[Work request] Check every line of the data for the string "unfoldable" and copy the ones that have it.
_ _ _ _ _
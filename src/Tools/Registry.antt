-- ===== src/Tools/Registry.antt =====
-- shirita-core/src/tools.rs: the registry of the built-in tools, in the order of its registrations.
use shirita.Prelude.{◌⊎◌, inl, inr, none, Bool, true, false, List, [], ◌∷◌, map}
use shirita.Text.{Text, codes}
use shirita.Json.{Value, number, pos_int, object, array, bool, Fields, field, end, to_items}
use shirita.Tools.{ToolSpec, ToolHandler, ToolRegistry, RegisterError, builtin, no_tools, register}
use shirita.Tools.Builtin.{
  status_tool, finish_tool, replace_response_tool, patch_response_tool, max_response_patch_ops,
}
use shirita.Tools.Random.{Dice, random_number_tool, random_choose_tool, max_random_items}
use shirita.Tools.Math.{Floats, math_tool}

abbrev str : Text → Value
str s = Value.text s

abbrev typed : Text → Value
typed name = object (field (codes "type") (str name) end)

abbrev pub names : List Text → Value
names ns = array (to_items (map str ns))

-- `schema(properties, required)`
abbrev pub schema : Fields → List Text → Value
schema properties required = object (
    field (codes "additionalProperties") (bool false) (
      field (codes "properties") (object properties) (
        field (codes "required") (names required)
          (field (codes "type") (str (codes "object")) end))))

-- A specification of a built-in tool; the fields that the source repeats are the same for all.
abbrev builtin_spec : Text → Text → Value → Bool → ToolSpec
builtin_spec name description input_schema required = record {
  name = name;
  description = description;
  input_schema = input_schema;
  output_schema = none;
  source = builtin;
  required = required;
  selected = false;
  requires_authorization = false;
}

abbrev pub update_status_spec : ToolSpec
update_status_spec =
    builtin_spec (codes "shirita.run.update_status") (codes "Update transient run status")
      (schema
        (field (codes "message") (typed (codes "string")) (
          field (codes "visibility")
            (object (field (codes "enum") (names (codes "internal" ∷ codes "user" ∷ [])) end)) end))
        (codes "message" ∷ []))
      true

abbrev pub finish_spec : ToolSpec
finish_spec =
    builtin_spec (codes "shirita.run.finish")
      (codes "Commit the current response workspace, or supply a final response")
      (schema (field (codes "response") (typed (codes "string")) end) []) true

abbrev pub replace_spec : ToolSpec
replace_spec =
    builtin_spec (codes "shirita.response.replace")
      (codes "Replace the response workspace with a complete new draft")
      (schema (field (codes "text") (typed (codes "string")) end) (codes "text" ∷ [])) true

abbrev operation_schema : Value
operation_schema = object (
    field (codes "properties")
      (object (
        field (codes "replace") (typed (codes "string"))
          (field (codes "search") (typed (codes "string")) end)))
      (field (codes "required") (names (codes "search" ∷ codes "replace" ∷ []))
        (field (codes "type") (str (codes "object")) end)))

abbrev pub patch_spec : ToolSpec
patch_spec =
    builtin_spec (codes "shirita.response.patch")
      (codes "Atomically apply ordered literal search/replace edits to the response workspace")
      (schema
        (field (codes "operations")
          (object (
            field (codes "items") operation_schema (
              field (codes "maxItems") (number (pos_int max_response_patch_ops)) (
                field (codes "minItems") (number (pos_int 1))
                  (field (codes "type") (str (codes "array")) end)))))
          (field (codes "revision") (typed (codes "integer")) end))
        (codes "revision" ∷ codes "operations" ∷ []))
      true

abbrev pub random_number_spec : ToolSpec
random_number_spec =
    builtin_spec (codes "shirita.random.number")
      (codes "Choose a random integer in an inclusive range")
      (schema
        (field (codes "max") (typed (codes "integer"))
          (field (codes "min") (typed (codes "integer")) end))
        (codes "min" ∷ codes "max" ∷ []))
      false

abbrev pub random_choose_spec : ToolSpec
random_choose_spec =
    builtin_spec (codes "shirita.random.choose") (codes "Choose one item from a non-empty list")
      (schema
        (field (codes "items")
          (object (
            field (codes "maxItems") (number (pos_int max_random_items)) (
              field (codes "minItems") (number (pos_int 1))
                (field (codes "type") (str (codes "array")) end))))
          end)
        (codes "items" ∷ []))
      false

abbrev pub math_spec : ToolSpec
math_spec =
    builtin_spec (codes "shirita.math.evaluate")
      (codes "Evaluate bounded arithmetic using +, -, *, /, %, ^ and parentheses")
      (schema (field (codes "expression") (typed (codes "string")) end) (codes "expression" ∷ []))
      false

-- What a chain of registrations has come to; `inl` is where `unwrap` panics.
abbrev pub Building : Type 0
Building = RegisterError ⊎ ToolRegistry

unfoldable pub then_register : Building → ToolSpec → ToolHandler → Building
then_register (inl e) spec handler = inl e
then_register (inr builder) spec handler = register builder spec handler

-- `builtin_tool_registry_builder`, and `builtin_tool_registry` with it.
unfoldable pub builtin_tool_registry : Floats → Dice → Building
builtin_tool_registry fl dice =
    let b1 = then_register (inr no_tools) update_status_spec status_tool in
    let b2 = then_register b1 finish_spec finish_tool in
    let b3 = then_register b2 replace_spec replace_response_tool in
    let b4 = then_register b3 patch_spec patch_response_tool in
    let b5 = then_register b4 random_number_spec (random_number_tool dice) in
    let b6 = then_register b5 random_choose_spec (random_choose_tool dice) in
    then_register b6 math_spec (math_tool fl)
_ _ _ _ _
[Answer for this exercise]
unfoldable pub then_register : Building → ToolSpec → ToolHandler → Building
unfoldable pub builtin_tool_registry : Floats → Dice → Building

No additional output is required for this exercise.